Business-related text message violation
The SEC fined a broker-dealer firm $100,000 for violating the recordkeeping provisions of Section 17(a) of the Securities Exchange Act of 1934 and Rule 17a-4. The firm’s policies restricted employees from conducting business over text message or on personal devices, and employees annually attested to their compliance with those policies.
The SEC found that the firm’s senior management, including compliance personnel, sent and received business-related text messages. Those messages were not retained by the firm. The SEC also found that, due to the firm’s failure to preserve business-related text messages on a firm-sponsored system, it was unable to produce certain records that were requested by the staff in an unrelated investigation.
Failure to reasonably supervise broker-dealer
Financial Industry Regulatory Authority (FINRA) brought a significant supervision case in which a firm was fined $300,000 and the CCO was fined $10,000 and suspended. The firm was also ordered to pay $76,344.20, plus interest, in restitution to a customer. The firm and the CCO failed to reasonably supervise a former broker who permitted her then-husband to conduct a securities business with firm customers while the husband was serving a one-year suspension imposed by FINRA.
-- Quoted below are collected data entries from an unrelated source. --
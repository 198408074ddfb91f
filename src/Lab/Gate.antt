-- ===== src/Lab/Gate.antt =====
-- `LabAuthMiddleware` and the claims of an access token (packages/lab/src/constella_lab/auth.py).
-- `jwt.decode` with the key set is an argument, `decode`: the claims of a token that it accepts.
use constella.Prelude.{
  ℕ, ◌+◌, ◌*◌, ◌-◌, min, Bool, true, false, not, ◌&&◌, ◌||◌, Option, none, some, List, [], ◌∷◌,
  Text, text, text_eq, truthy, leb, ◌==◌, if◌then◌else◌,
}
use mathlib.Core.List.{reverse}
use constella.Lab.Data.{User, UserStatus, Store, Error, value_error, Result, ok, raised, second}
use constella.Lab.Sql.{is_active, is_admin}
use constella.Lab.Logins.{resolve_identity}

pub record Claims : Type 0 where
  pub type : Option Text
  pub iss : Text
  -- `none` where the claim is no string.
  pub sub : Option Text
  pub email : Option Text
  pub exp : ℕ

pub record AccessIdentity : Type 0 where
  pub issuer : Text
  pub subject : Text
  pub email : Text
  pub expires_at : ℕ

abbrev pub given : Option Text → Bool
given none = false
given (some t) = truthy t

abbrev pub is_text : Option Text → Text → Bool
is_text none t = false
is_text (some u) t = text_eq u t

abbrev pub identity_from : Text → ℕ → Option Text → Option Text → Option AccessIdentity
identity_from iss exp none email = none
identity_from iss exp (some subject) none = none
identity_from iss exp (some subject) (some email) =
    some (record { issuer = iss; subject = subject; email = email; expires_at = exp })

-- `_verify_sync` after `jwt.decode`; `none` stands for `InvalidTokenError`.
unfoldable pub identity_of : Claims → Option AccessIdentity
identity_of c =
    if is_text c.type (text "app") && given c.sub && given c.email
    then identity_from c.iss c.exp c.sub c.email
    else none

abbrev pub verified : Option Claims → Option AccessIdentity
verified none = none
verified (some c) = identity_of c

pub data Kind : Type 0 where
  http websocket lifespan : Kind

pub record Scope : Type 0 where
  pub type : Kind
  pub path : Text
  pub method : Option Text
  -- Headers, empty where they are missing.
  pub token : Text
  pub origin : Text
  pub marker : Text

pub record GateConfig : Type 0 where
  pub public_origin : Text
  pub bootstrap_admin_email : Text

unfoldable pub starts_with : Text → Text → Bool
starts_with t [] = true
starts_with [] (c ∷ prefix) = false
starts_with (d ∷ t) (c ∷ prefix) = (d == c) && starts_with t prefix

-- `_is_machine_or_health_path`
unfoldable pub is_machine_or_health_path : Text → Bool
is_machine_or_health_path p =
    text_eq p (text "/api/health")
    || text_eq p (text "/api/agents/ws")
    || text_eq p (text "/api/highres/stream")

-- `_admin_only_path`
unfoldable pub admin_only_path : Scope → Bool
unfolding starts_with
admin_only_path s =
    (starts_with s.path (text "/api/lab/admin")
      || starts_with s.path (text "/api/docs")
      || text_eq s.path (text "/openapi.json"))
    || (text_eq s.path (text "/api/settings") && is_text s.method (text "PATCH"))

unfoldable drop_slashes : Text → Text
drop_slashes [] = []
drop_slashes (c ∷ t) = let rest = drop_slashes t in if c == 47 then rest else c ∷ t

-- `origin.rstrip("/")`
unfoldable pub without_slashes : Text → Text
unfolding drop_slashes
without_slashes t = reverse (drop_slashes (reverse t))

abbrev pub is_http : Kind → Bool
is_http http = true
is_http k = false

abbrev pub changes_state : Scope → Bool
changes_state s =
    is_http s.type
    && (is_text s.method (text "POST")
        || is_text s.method (text "PATCH")
        || is_text s.method (text "DELETE"))

abbrev pub same_origin : GateConfig → Scope → Bool
same_origin config s =
    text_eq (without_slashes s.origin) config.public_origin && text_eq s.marker (text "same-origin")

-- What becomes of a request: it goes to the application without a user, or with one and the time its
-- token expires, or it is rejected with a status and a code, or the store's error goes up.
pub data Verdict : Type 0 where
  passes_open : Verdict
  passes : User → ℕ → Verdict
  rejects : ℕ → Text → Verdict
  fails : Error → Verdict

-- The tests after the user is known.
abbrev pub admits : GateConfig → Scope → ℕ → User → Verdict
admits config s expires user =
    if not (is_active user.status)
    then rejects 403 (text "user_not_active")
    else if admin_only_path s && not (is_admin user.role)
    then rejects 403 (text "admin_required")
    else if changes_state s && not (same_origin config s)
    then rejects 403 (text "csrf_check_failed")
    else passes user expires

abbrev pub admits_result : GateConfig → Scope → ℕ → Result User → Verdict
admits_result config s expires (ok user) = admits config s expires user
admits_result config s expires (raised value_error) = rejects 401 (text "invalid_access_identity")
admits_result config s expires (raised e) = fails e

abbrev pub resolved : GateConfig → AccessIdentity → Text → Text → ℕ → Store → Result User × Store
resolved config i request user_id now =
    resolve_identity i.issuer i.subject i.email config.bootstrap_admin_email request user_id now

abbrev pub identified :
    GateConfig → Scope → Option AccessIdentity → Text → Text → ℕ → Store → Verdict × Store
identified config s none request user_id now store =
    (rejects 401 (text "invalid_access_identity"), store)
identified config s (some i) request user_id now store =
    let (result, after) = resolved config i request user_id now store in
    (admits_result config s i.expires_at result, after)

abbrev pub is_protected : Kind → Bool
is_protected lifespan = false
is_protected k = true

-- `__call__` up to the call of the application.
unfoldable pub gate :
    (Text → Option Claims) → GateConfig → Scope → Text → Text → ℕ → Store → Verdict × Store
gate decode config s request user_id now store =
    if not (is_protected s.type) || is_machine_or_health_path s.path
    then (passes_open, store)
    else if not (truthy s.token)
    then (rejects 401 (text "access_identity_required"), store)
    else identified config s (verified (decode s.token)) request user_id now store

-- `_reject` on a websocket.
abbrev pub reject_close_code : ℕ → ℕ
reject_close_code status = if status == 401 then 4401 else 4403

-- One round of the loop of `_run_websocket`: the clock at its head, whether the application has
-- finished after the wait, and the status of the user that is then read, if there still is one.
pub record Round : Type 0 where
  pub now : ℕ
  pub finished : Bool
  pub status : Option UserStatus

pub data Session : Type 0 where
  running returned : Session
  closed : ℕ → Session

abbrev pub still_active : Option UserStatus → Bool
still_active none = false
still_active (some t) = is_active t

unfoldable pub watch : ℕ → ℕ → List Round → Session
watch deadline code [] = running
watch deadline code (r ∷ rounds) =
    let rest = watch deadline code rounds in
    if leb deadline r.now
    then closed code
    else if r.finished
    then returned
    else if still_active r.status
    then rest
    else closed 4403

-- `_run_websocket`, of a connection that is accepted at a time; the wall clock and the monotonic
-- clock are one here.
unfoldable pub run_websocket : ℕ → ℕ → List Round → Session
run_websocket now expires_at rounds =
    let lifetime = expires_at - now in
    watch (now + min (900 * second) lifetime) (if leb lifetime (900 * second) then 4401 else 4000)
      rounds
The findings stated that throughout the suspension period, with the broker’s assistance, her husband communicated with firm customers, made securities recommendations to them, and placed trades on their behalf. For the most part, firm customers were unaware that the husband had been suspended; instead, they believed that he continued to be their broker and that the wife was his assistant. Shortly after the CCO joined the firm, she learned about the suspension, and two firm employees, including its chief operating officer (COO), told her that based on their interactions with the broker, they did not feel that the broker was competent to handle her husband’s book of business.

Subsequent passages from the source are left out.